# Really cheap paint booth



## placitassteam (Jan 2, 2008)

I got tired of waiting for warm weather so I could paint outside and don't like breathing all that nasty stuff whe I paint indoors so today I built myself a paint booth. here is what it looks like.









I used a big cardboard box and added a floor and a turntable both of 1/4 inch plywood.










For the exhaust I used a leaf blower/vacuum with a speed controller and vent for a clothes drier.










The floor sits on wood strips which raise it above the bottom of the cardboard box. There is a 2 inch gap a the back of the box for the air to flow under to the exhaust. 










This picture is the exhaust connection on the bottom of the box.









I made a baffle to go under the garage door so the vent can go outside without letting in too much outside air. The leaf blower sits outside the door and is controlled by the speed controller.

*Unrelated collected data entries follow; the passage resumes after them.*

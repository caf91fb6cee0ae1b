-- ===== src/ThreadPool/Signals.antt =====
-- The signals of `q_not_empty_` are enough: no wake-up is lost.
use swishxx.Common.{
  ℕ, ◌≤◌, ◌≡◌, refl, ap, ◌∙◌, arith, true, false, List, [], ◌∷◌, ◌++◌, length, All, ◌⊎◌, inl, inr,
}
use swishxx.ThreadPool.Moves.{has_lock, count, bit, count-append, count-append_nil}
use swishxx.ThreadPool.Invariant.{Inv, Reach-Inv}
use swishxx.ThreadPool.{
  Pc, top, waiting, timed_waiting, dying, woken, testing, taken, busy, Pool, State, Move,
  lock_queue, wait_task, wait_a_while, give_up, wake_up, pop_task, start_task, end_task, Turn,
  queue_task, create_thread, wait_idle, refuse, new_task_turn, created, is_waiting, ThreadStep,
  thread_moves, thread_ends, Signal, unblocks, unheard, Step, thread_steps, time_out, spurious_wake,
  new_task, client_spurious, client_wakes, push_task, initial, Reach, start, later,
}

-- The threads that come to the queue again with no signal, time-out or spurious wake-up.
abbrev pub is_awake : Pc → ℕ
is_awake waiting = 0
is_awake timed_waiting = 0
is_awake dying = 0
is_awake _ = 1

-- With a task in the queue, some thread is awake.
abbrev pub IsHeard : State → Type 0
IsHeard s = 1 ≤ length s.pool.queue → 1 ≤ count is_awake s.threads

-- A thread that moves is awake behind it, or has found the queue empty.
Move-awake :
    {min_threads n : ℕ} {p q : Pool} {pc pc' : Pc}
    → Move min_threads n p pc pc' q
    → (is_awake pc' ≡ 1) ⊎ (q.queue ≡ [])
Move-awake (lock_queue free) = inl refl
Move-awake (wait_task e f) = inr e
Move-awake (wait_a_while e f) = inr e
Move-awake (give_up e f) = inr e
Move-awake (wake_up free) = inl refl
Move-awake (pop_task e) = inl refl
Move-awake start_task = inl refl
Move-awake end_task = inl refl

one_awake :
    (front : List Pc) (pc : Pc) (back : List Pc)
    → is_awake pc ≡ 1
    → 1 ≤ count is_awake (front ++ (pc ∷ back))
one_awake front pc back a = omega (arith, a, count-append is_awake front pc back)

ThreadStep-IsHeard :
    {min_threads : ℕ} {s t : State} → ThreadStep min_threads s t → IsHeard s → IsHeard t
ThreadStep-IsHeard (thread_moves {q = q} {pc' = pc'} front back move) h l = elim (Move-awake move) [
  | inl a ↦ one_awake front pc' back a
  | inr e ↦ absurd (omega (arith, l, ap length e))
]
ThreadStep-IsHeard (thread_ends front back) h l =
    omega (arith, h l, count-append is_awake front dying back, count-append_nil is_awake front back)

-- A thread that does not wait and has no lock is awake.
free_awake : (pc : Pc) → is_waiting pc ≡ false → has_lock pc ≡ 0 → is_awake pc ≡ 1
free_awake top w h = refl
free_awake waiting w h = cc w
free_awake timed_waiting w h = cc w
free_awake dying w h = absurd (omega arith)
free_awake (woken b) w h = refl
free_awake (testing b) w h = refl
free_awake (taken t) w h = refl
free_awake (busy t) w h = refl

-- So are all threads, if the signal is not heard and `q_lock_` is free.
all_awake :
    (threads : List Pc)
    → 1 ≤ length threads
    → count has_lock threads ≡ 0
    → All (λ pc. is_waiting pc ≡ false) threads
    → 1 ≤ count is_awake threads
all_awake [] l h none = absurd (omega arith)
all_awake (pc ∷ threads) l h none = omega (arith, free_awake pc none.0 (omega (arith, h)))

Signal-awake :
    {threads threads' : List Pc}
    → Signal threads threads'
    → 1 ≤ length threads
    → count has_lock threads ≡ 0
    → 1 ≤ count is_awake threads'
Signal-awake (unblocks pc front back w) l h = one_awake front (woken false) back refl
Signal-awake (unheard {threads} none) l h = all_awake threads l h none

created-awake :
    (turn : Turn) (threads : List Pc)
    → 1 ≤ count is_awake threads
    → 1 ≤ count is_awake (created turn threads)
created-awake queue_task threads h = h
created-awake create_thread threads h = omega (arith, h)
created-awake wait_idle threads h = h
created-awake refuse threads h = h

Step-IsHeard :
    {min_threads max_threads : ℕ} {s t : State}
    → 1 ≤ min_threads
    → Inv min_threads max_threads s
    → Step min_threads max_threads s t
    → IsHeard s
    → IsHeard t
Step-IsHeard one inv (thread_steps st) h l = ThreadStep-IsHeard st h l
Step-IsHeard one inv (time_out front back) h l = one_awake front (woken true) back refl
Step-IsHeard one inv (spurious_wake pc front back w) h l = one_awake front (woken false) back refl
Step-IsHeard {max_threads} one inv (new_task {p} {threads} task block) h l =
    created-awake (new_task_turn max_threads (length threads) p.t_busy block) threads (h l)
Step-IsHeard one inv client_spurious h l = h l
Step-IsHeard one inv client_wakes h l = h l
Step-IsHeard one inv (push_task free signal) h l =
    Signal-awake signal (omega (arith, one, inv.spare)) (inv.owned ∙ ap bit free)

-- In every state that a pool with one thread at least comes to, some thread is awake if a task is in the queue.
pub Reach-IsHeard :
    {min_threads max_threads : ℕ} {s : State}
    → 1 ≤ min_threads
    → min_threads ≤ max_threads
    → Reach min_threads max_threads s
    → IsHeard s
unfolding initial
Reach-IsHeard one bound start l = absurd (omega arith)
Reach-IsHeard one bound (later r step) l =
    Step-IsHeard one (Reach-Inv one bound r) step (Reach-IsHeard one bound r) l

If you allready have a leaf blower this can be a very cheap prodject. I didn't but the one I used was only $60 at Home Depot. The speed controler was $20 at Harbor Freight and the drier vent $20 also at Home Depot. The wood was scraps I had laying around. I used it to do some painting and it works very well.


----------



## Bob Rich (Jan 4, 2008)

Winn, 
I like your idea, although I have one question. Have you considered a possible fire hazard with this design? I have seen several different discussions on paint booths that made reference to spark-less blowers or something to that effect. I have a leaf blower/vacuum that is an earlier model of the one you used. I think it has a plastic impeller. Is that enough to qualify as spark-less? If so I would build a similar setup myself.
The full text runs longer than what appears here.